+++ Record extracts +++

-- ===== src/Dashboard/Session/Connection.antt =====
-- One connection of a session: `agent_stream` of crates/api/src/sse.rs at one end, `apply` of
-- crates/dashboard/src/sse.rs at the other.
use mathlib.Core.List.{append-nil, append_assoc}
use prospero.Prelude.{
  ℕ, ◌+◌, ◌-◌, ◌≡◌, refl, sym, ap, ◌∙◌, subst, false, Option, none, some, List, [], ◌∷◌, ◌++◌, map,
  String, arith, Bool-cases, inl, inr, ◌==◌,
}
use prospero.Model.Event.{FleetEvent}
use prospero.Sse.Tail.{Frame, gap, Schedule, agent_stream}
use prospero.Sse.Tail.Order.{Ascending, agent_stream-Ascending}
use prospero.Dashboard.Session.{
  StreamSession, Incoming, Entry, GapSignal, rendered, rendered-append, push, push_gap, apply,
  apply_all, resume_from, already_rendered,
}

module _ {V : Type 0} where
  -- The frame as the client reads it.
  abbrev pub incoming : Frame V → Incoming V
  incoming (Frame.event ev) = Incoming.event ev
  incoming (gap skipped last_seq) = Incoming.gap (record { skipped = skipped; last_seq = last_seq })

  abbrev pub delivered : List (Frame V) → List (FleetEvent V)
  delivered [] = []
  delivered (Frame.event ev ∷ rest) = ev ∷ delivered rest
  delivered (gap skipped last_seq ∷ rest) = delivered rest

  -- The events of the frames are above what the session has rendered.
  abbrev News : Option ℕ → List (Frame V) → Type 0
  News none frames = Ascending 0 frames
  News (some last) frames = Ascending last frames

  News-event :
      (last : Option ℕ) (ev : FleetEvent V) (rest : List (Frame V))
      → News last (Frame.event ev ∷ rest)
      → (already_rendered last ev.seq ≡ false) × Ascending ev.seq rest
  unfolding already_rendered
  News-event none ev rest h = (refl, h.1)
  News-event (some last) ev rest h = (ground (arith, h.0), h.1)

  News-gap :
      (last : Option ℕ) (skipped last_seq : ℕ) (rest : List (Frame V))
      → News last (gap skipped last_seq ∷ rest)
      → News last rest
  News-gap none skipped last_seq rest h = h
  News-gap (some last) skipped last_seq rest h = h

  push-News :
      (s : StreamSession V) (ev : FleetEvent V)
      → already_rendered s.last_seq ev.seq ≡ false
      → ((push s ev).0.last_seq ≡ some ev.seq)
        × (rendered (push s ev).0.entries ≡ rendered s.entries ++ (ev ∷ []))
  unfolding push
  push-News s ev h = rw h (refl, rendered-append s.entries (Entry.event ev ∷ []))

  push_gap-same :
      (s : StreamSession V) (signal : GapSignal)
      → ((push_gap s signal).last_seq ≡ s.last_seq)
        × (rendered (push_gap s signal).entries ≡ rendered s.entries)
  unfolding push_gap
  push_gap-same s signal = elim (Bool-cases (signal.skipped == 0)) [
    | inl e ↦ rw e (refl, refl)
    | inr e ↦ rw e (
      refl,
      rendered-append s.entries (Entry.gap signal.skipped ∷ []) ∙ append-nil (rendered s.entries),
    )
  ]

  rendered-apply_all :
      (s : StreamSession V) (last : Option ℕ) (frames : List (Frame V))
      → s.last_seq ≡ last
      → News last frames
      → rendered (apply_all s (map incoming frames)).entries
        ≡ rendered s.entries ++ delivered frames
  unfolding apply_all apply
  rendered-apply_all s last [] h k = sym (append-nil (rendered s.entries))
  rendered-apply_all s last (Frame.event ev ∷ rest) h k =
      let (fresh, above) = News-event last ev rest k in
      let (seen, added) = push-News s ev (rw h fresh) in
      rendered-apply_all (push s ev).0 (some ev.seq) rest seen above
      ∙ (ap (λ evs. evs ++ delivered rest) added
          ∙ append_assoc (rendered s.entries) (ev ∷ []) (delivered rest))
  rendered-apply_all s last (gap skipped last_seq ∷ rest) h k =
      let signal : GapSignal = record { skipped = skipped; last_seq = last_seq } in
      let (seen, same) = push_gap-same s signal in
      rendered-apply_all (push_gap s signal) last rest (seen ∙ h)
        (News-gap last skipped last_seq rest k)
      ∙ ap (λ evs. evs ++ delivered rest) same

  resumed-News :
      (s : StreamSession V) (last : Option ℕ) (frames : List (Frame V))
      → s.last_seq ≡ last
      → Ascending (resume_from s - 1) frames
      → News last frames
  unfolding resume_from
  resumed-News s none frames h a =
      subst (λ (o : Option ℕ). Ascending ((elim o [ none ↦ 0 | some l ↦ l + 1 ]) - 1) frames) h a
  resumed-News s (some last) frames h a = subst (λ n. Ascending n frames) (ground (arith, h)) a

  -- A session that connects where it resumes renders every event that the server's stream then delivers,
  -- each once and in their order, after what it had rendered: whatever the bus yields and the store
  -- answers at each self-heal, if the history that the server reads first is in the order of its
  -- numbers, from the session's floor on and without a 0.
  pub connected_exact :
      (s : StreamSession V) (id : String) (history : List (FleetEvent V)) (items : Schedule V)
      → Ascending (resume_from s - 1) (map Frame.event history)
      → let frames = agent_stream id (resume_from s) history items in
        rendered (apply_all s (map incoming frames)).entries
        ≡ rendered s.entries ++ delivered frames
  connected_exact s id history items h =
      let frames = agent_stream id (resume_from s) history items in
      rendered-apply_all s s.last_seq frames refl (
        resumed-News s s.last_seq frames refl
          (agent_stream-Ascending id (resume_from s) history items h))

+++

Exercise goal :: Would you write out the full listing exactly as given?

Result below ::
-- ===== src/Dashboard/Session/Connection.antt =====
-- One connection of a session: `agent_stream` of crates/api/src/sse.rs at one end, `apply` of
-- crates/dashboard/src/sse.rs at the other.
use mathlib.Core.List.{append-nil, append_assoc}
use prospero.Prelude.{
  ℕ, ◌+◌, ◌-◌, ◌≡◌, refl, sym, ap, ◌∙◌, subst, false, Option, none, some, List, [], ◌∷◌, ◌++◌, map,
  String, arith, Bool-cases, inl, inr, ◌==◌,
}
use prospero.Model.Event.{FleetEvent}
use prospero.Sse.Tail.{Frame, gap, Schedule, agent_stream}
use prospero.Sse.Tail.Order.{Ascending, agent_stream-Ascending}
use prospero.Dashboard.Session.{
  StreamSession, Incoming, Entry, GapSignal, rendered, rendered-append, push, push_gap, apply,
  apply_all, resume_from, already_rendered,
}

module _ {V : Type 0} where
  -- The frame as the client reads it.
  abbrev pub incoming : Frame V → Incoming V
  incoming (Frame.event ev) = Incoming.event ev
  incoming (gap skipped last_seq) = Incoming.gap (record { skipped = skipped; last_seq = last_seq })

  abbrev pub delivered : List (Frame V) → List (FleetEvent V)
  delivered [] = []
  delivered (Frame.event ev ∷ rest) = ev ∷ delivered rest
  delivered (gap skipped last_seq ∷ rest) = delivered rest

  -- The events of the frames are above what the session has rendered.
  abbrev News : Option ℕ → List (Frame V) → Type 0
  News none frames = Ascending 0 frames
  News (some last) frames = Ascending last frames

  News-event :
      (last : Option ℕ) (ev : FleetEvent V) (rest : List (Frame V))
      → News last (Frame.event ev ∷ rest)
      → (already_rendered last ev.seq ≡ false) × Ascending ev.seq rest
  unfolding already_rendered
  News-event none ev rest h = (refl, h.1)
  News-event (some last) ev rest h = (ground (arith, h.0), h.1)

  News-gap :
      (last : Option ℕ) (skipped last_seq : ℕ) (rest : List (Frame V))
      → News last (gap skipped last_seq ∷ rest)
      → News last rest
  News-gap none skipped last_seq rest h = h
  News-gap (some last) skipped last_seq rest h = h

  push-News :
      (s : StreamSession V) (ev : FleetEvent V)
      → already_rendered s.last_seq ev.seq ≡ false
      → ((push s ev).0.last_seq ≡ some ev.seq)
        × (rendered (push s ev).0.entries ≡ rendered s.entries ++ (ev ∷ []))
  unfolding push
  push-News s ev h = rw h (refl, rendered-append s.entries (Entry.event ev ∷ []))

  push_gap-same :
      (s : StreamSession V) (signal : GapSignal)
      → ((push_gap s signal).last_seq ≡ s.last_seq)
        × (rendered (push_gap s signal).entries ≡ rendered s.entries)
  unfolding push_gap
  push_gap-same s signal = elim (Bool-cases (signal.skipped == 0)) [
    | inl e ↦ rw e (refl, refl)
    | inr e ↦ rw e (
      refl,
      rendered-append s.entries (Entry.gap signal.skipped ∷ []) ∙ append-nil (rendered s.entries),
    )
  ]

  rendered-apply_all :
      (s : StreamSession V) (last : Option ℕ) (frames : List (Frame V))
      → s.last_seq ≡ last
      → News last frames
      → rendered (apply_all s (map incoming frames)).entries
        ≡ rendered s.entries ++ delivered frames
  unfolding apply_all apply
  rendered-apply_all s last [] h k = sym (append-nil (rendered s.entries))
  rendered-apply_all s last (Frame.event ev ∷ rest) h k =
      let (fresh, above) = News-event last ev rest k in
      let (seen, added) = push-News s ev (rw h fresh) in
      rendered-apply_all (push s ev).0 (some ev.seq) rest seen above
      ∙ (ap (λ evs. evs ++ delivered rest) added
          ∙ append_assoc (rendered s.entries) (ev ∷ []) (delivered rest))
  rendered-apply_all s last (gap skipped last_seq ∷ rest) h k =
      let signal : GapSignal = record { skipped = skipped; last_seq = last_seq } in
      let (seen, same) = push_gap-same s signal in
      rendered-apply_all (push_gap s signal) last rest (seen ∙ h)
        (News-gap last skipped last_seq rest k)
      ∙ ap (λ evs. evs ++ delivered rest) same

  resumed-News :
      (s : StreamSession V) (last : Option ℕ) (frames : List (Frame V))
      → s.last_seq ≡ last
      → Ascending (resume_from s - 1) frames
      → News last frames
  unfolding resume_from
  resumed-News s none frames h a =
      subst (λ (o : Option ℕ). Ascending ((elim o [ none ↦ 0 | some l ↦ l + 1 ]) - 1) frames) h a
  resumed-News s (some last) frames h a = subst (λ n. Ascending n frames) (ground (arith, h)) a

  -- A session that connects where it resumes renders every event that the server's stream then delivers,
  -- each once and in their order, after what it had rendered: whatever the bus yields and the store
  -- answers at each self-heal, if the history that the server reads first is in the order of its
  -- numbers, from the session's floor on and without a 0.
  pub connected_exact :
      (s : StreamSession V) (id : String) (history : List (FleetEvent V)) (items : Schedule V)
      → Ascending (resume_from s - 1) (map Frame.event history)
      → let frames = agent_stream id (resume_from s) history items in
        rendered (apply_all s (map incoming frames)).entries
        ≡ rendered s.entries ++ delivered frames
  connected_exact s id history items h =
      let frames = agent_stream id (resume_from s) history items in
      rendered-apply_all s s.last_seq frames refl (
        resumed-News s s.last_seq frames refl
          (agent_stream-Ascending id (resume_from s) history items h))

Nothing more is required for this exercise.